Select, from the data, each line where "elim" occurs.

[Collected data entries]
>>

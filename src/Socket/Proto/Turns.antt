-- ===== src/Socket/Proto/Turns.antt =====
-- A round of the state machine keeps what holds of a message.
use lz_lib.Base.{
  ℕ, zero, suc, ◌+◌, ◌<◌, ◌≤◌, ◌≡◌, ◌≢◌, ◌⊎◌, inl, inr, refl, sym, ap, subst, ◌∙◌, Bool, true,
  false, none, List, [], ◌∷◌, ◌++◌, All, map, length, length-append, take, drop, ok, arith,
  Bool-cases,
}
use mathlib.Core.List.{append_assoc}
use lz_lib.Base.Int.{ℤ, pos, negsuc, eqb_ℤ}
use lz_lib.ListHead.Seg.{NoDup}
use lz_lib.Socket.{Iov, Rwv}
use lz_lib.Socket.Vec.{range, addresses, length-range}
use lz_lib.Socket.Transfer.{
  NoDup-drop, Transfers, Ends, socket_rwv-Ends, length-drop, take-add, drop-add, NoDup-take,
  all_moved,
}
use lz_lib.Socket.Streams.{Reads, Reads-Transfers, Reads-kept, NoDup-Disjoint, map-append}
use lz_lib.Socket.Proto.{
  Proto, header_coming, data_coming, data_came, complete, proto_index, Incoming, Ops, Turn, onward,
  leave, header_read, data_read, in_header_coming, in_data_coming,
}
use lz_lib.Socket.Proto.Sound.{places, header_places, stored, Serves, Placed, Sound}

take-whole : {A : Type 0} (n : ℕ) (xs : List A) → drop n xs ≡ [] → take n xs ≡ xs
take-whole zero xs e = sym e
take-whole (suc n) [] e = refl
take-whole (suc n) (x ∷ xs) e = ap (λ t. x ∷ t) (take-whole n xs e)

pub range-above : (a base n : ℕ) → a < base → All (λ y. y ≢ a) (range base n)
range-above a base zero h = tt
range-above a base (suc n) h = (λ e. omega (arith, e), range-above a (base + 1) n (omega arith))

pub NoDup-range : (base n : ℕ) → NoDup (range base n)
NoDup-range base zero = tt
NoDup-range base (suc n) = (range-above base (base + 1) n (omega arith), NoDup-range (base + 1) n)

module _ {World : Type 0} (ops : Ops World) (in_flight : World → List ℕ)
    (interrupts : World → ℕ) where
  -- What is stored of the places `xs`, and what is in flight, make the bytes `m`; `vec` is what is left to fill.
  abbrev Filling : List ℕ → List ℕ → List Iov → World → Type 0
  Filling xs m vec w =
      (k : ℕ) × (addresses vec ≡ drop k xs)
      × (stored ops in_flight interrupts w (take k xs) ++ in_flight w ≡ m)

  -- `__socket_readv` fills more, and all if it returns 0.
  read_on :
      (xs m : List ℕ) (vec : List Iov) (w : World) (r : Rwv World)
      → NoDup xs
      → Filling xs m vec w
      → Ends (Reads ops.mem in_flight) interrupts vec w r
      → Filling xs m r.pending r.world
        × (r.ret ≡ pos 0 → stored ops in_flight interrupts r.world xs ++ in_flight r.world ≡ m)
  read_on xs m vec w r d (k, at, sum) e =
      let c = e.count in
      let parts = take-add k c xs in
      let moves : Reads ops.mem in_flight (take c (drop k xs)) w r.world =
        subst (λ ys. Reads ops.mem in_flight (take c ys) w r.world) at e.moves in
      let kept = Reads-kept ops.mem in_flight (take k xs) (take c (drop k xs)) w r.world moves (
        NoDup-Disjoint (take k xs) (take c (drop k xs))
          (subst NoDup parts (NoDup-take (k + c) xs d))) in
      let now : stored ops in_flight interrupts r.world (take (k + c) xs) ++ in_flight r.world ≡ m =
        ap (λ t. map (ops.mem r.world) t ++ in_flight r.world) parts
        ∙ ap (λ t. t ++ in_flight r.world)
            (map-append (ops.mem r.world) (take k xs) (take c (drop k xs)))
        ∙ append_assoc (map (ops.mem r.world) (take k xs))
            (map (ops.mem r.world) (take c (drop k xs))) (in_flight r.world)
        ∙ ap (λ t. t ++ (map (ops.mem r.world) (take c (drop k xs)) ++ in_flight r.world)) kept
        ∙ ap (λ t. map (ops.mem w) (take k xs) ++ t) (sym moves.taken)
        ∙ sum in
      let left : addresses r.pending ≡ drop (k + c) xs =
        e.left ∙ ap (drop c) at ∙ sym (drop-add k c xs) in
      (
        (k + c, left, now),
        λ z.
            subst (λ ys. map (ops.mem r.world) ys ++ in_flight r.world ≡ m)
              (take-whole (k + c) xs (sym left ∙ all_moved r.pending r.ret e.value z)) now,
      )

pub append-parts :
    {A : Type 0} (xs zs ys us : List A)
    → xs ++ ys ≡ zs ++ us
    → length xs ≡ length zs
    → (xs ≡ zs) × (ys ≡ us)
append-parts [] [] ys us e n = (refl, e)
append-parts [] (z ∷ zs) ys us e n = absurd (omega (arith, n))
append-parts (x ∷ xs) [] ys us e n = absurd (omega (arith, n))
append-parts (x ∷ xs) (z ∷ zs) ys us e n =
    let first : x ≡ z = cc e in
    let rest : xs ++ ys ≡ zs ++ us = cc e in
    let (f, g) = append-parts xs zs ys us rest (omega (arith, n)) in (cc (first, f), g)

pub length-map : (f : ℕ → ℕ) (xs : List ℕ) → length (map f xs) ≡ length xs
length-map f [] = refl
length-map f (x ∷ xs) = ap suc (length-map f xs)

-- The return value is 0 once all data came.
abbrev pub Zero : Proto → ℤ → Type 0
Zero data_came ret = ret ≡ pos 0
Zero complete ret = ret ≡ pos 0
Zero other ret = Unit

pub eqb→eq : (a b : ℤ) → eqb_ℤ a b ≡ true → a ≡ b
eqb→eq a b e = ground arith

pub eqb→ne : (a b : ℤ) → eqb_ℤ a b ≡ false → a ≢ b
eqb→ne a b e f = ground arith

ℤ-cases : (a : ℤ) → ((n : ℕ) × (a ≡ negsuc n)) ⊎ ((n : ℕ) × (a ≡ pos n))
ℤ-cases (pos n) = inr (n, refl)
ℤ-cases (negsuc n) = inl (n, refl)

module _ {World : Type 0} (ops : Ops World) (in_flight : World → List ℕ) (interrupts : World → ℕ)
    (law : Serves ops in_flight interrupts) (little : Bool) (header body : List ℕ) (l p : ℕ)
    (fuel : ℕ) where
  -- A round either goes on to the next state, or leaves in the same state with a value other than 0.
  abbrev pub Turned : Proto → World → Turn World → Type 0
  Turned s w (onward ret i' w') =
      Sound ops in_flight interrupts header body l p i'.state i' w'
      × (proto_index i'.state ≡ suc (proto_index s))
      × Zero i'.state ret
      × (interrupts w' ≤ interrupts w)
  Turned s w (leave ret i' w') =
      Sound ops in_flight interrupts header body l p i'.state i' w'
      × (i'.state ≡ s)
      × (ret ≢ pos 0)
      × (interrupts w' ≤ interrupts w)

  moves : Transfers (Reads ops.mem in_flight) interrupts ops.readv
  moves = Reads-Transfers ops.mem in_flight interrupts ops.readv law.readv

  header_read-Turned :
      (i : Incoming) (w : World) (r : Rwv World)
      → i.state ≡ header_coming
      → i.iobuf ≡ none
      → Filling ops in_flight interrupts
          (header_places ops in_flight interrupts)
          (header ++ body)
          r.pending
          r.world
      → (r.ret ≡ pos 0
          → stored ops in_flight interrupts r.world (header_places ops in_flight interrupts)
              ++ in_flight r.world
            ≡ header ++ body)
      → interrupts r.world ≤ interrupts w
      → Turned header_coming w (header_read ops little fuel i r)
  unfolding header_read
  header_read-Turned i w r at free filling all calm = elim (Bool-cases (eqb_ℤ r.ret (pos 0))) [
    | inl z ↦ rw z ((free, all (eqb→eq r.ret (pos 0) z)), refl, tt, calm)
    | inr z ↦ rw z (
      subst
          (λ s.
            Sound ops in_flight interrupts header body l p s
              (record i { pending_vector = r.pending }) r.world)
          (sym at) (free, filling),
      at,
      eqb→ne r.ret (pos 0) z,
      calm,
    )
  ]

  pub header_coming-Turned :
      (i : Incoming) (w : World)
      → i.state ≡ header_coming
      → Sound ops in_flight interrupts header body l p header_coming i w
      → 12 + interrupts w < fuel
      → (t : Turn World) × (in_header_coming ops little fuel i w ≡ ok t) × Turned header_coming w t
  unfolding in_header_coming
  header_coming-Turned i w at (free, filling) b =
      let xs = header_places ops in_flight interrupts in
      let d = NoDup-range ops.header_at 12 in
      let (k, left, sum) = filling in
      let small : length (addresses i.pending_vector) ≤ 12 =
        omega (arith, ap length left, length-drop k xs, length-range ops.header_at 12) in
      let (r, run, ends) =
        socket_rwv-Ends (Reads ops.mem in_flight) interrupts ops.readv moves fuel false
          i.pending_vector w (subst NoDup (sym left) (NoDup-drop k xs d)) (omega arith) in
      let (filling', all) =
        read_on ops in_flight interrupts xs (header ++ body) i.pending_vector w r d filling ends in
      (
        header_read ops little fuel i r,
        rw run refl,
        header_read-Turned i w r at free filling' all ends.calm,
      )

  data_read-Turned :
      (i : Incoming) (w : World) (r : Rwv World)
      → i.state ≡ data_coming
      → Placed ops in_flight interrupts header body l p i
      → NoDup (places i l p)
      → Filling ops in_flight interrupts (places i l p) body r.pending r.world
      → (r.ret ≡ pos 0
          → stored ops in_flight interrupts r.world (places i l p) ++ in_flight r.world ≡ body)
      → interrupts r.world ≤ interrupts w
      → Turned data_coming w (data_read ops little fuel i r)
  unfolding data_read
  data_read-Turned i w r at placed d filling all calm = elim (Bool-cases (eqb_ℤ r.ret (pos 0))) [
    | inl z ↦ rw z ((placed, all (eqb→eq r.ret (pos 0) z)), refl, eqb→eq r.ret (pos 0) z, calm)
    | inr z ↦ rw z (
      subst
          (λ s.
            Sound ops in_flight interrupts header body l p s
              (record i { pending_vector = r.pending; pending_count = r.ret }) r.world)
          (sym at) (placed, d, filling),
      at,
      eqb→ne r.ret (pos 0) z,
      calm,
    )
  ]

  pub data_coming-Turned :
      (i : Incoming) (w : World)
      → i.state ≡ data_coming
      → Sound ops in_flight interrupts header body l p data_coming i w
      → l + p + interrupts w < fuel
      → (t : Turn World) × (in_data_coming ops little fuel i w ≡ ok t) × Turned data_coming w t
  unfolding in_data_coming
  data_coming-Turned i w at (placed, d, filling) b = elim (ℤ-cases i.pending_count) [
    | inl (n, e) ↦ (
      leave (negsuc 0) i w,
      rw e refl,
      (
        subst (λ s. Sound ops in_flight interrupts header body l p s i w) (sym at)
            (placed, d, filling),
        at,
        (λ f. cc f),
        omega arith,
      ),
    )
    | inr (n, e) ↦
        let xs = places i l p in
        let (k, left, sum) = filling in
        let small : length (addresses i.pending_vector) ≤ l + p = omega (
          arith,
          ap length left,
          length-drop k xs,
          length-append (range i.hdr_p l) (range i.buf_p p),
          length-range i.hdr_p l,
          length-range i.buf_p p,
        ) in
        let (r, run, ends) =
          socket_rwv-Ends (Reads ops.mem in_flight) interrupts ops.readv moves fuel false
            i.pending_vector w (subst NoDup (sym left) (NoDup-drop k xs d)) (omega arith) in
        let (filling', all) =
          read_on ops in_flight interrupts xs body i.pending_vector w r d filling ends in
        (
          data_read ops little fuel i r,
          rw (e, run) refl,
          data_read-Turned i w r at placed d filling' all ends.calm,
        )
  ]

<<

Exercise response
  header_read-Turned i w r at free filling all calm = elim (Bool-cases (eqb_ℤ r.ret (pos 0))) [
  data_read-Turned i w r at placed d filling all calm = elim (Bool-cases (eqb_ℤ r.ret (pos 0))) [
  data_coming-Turned i w at (placed, d, filling) b = elim (ℤ-cases i.pending_count) [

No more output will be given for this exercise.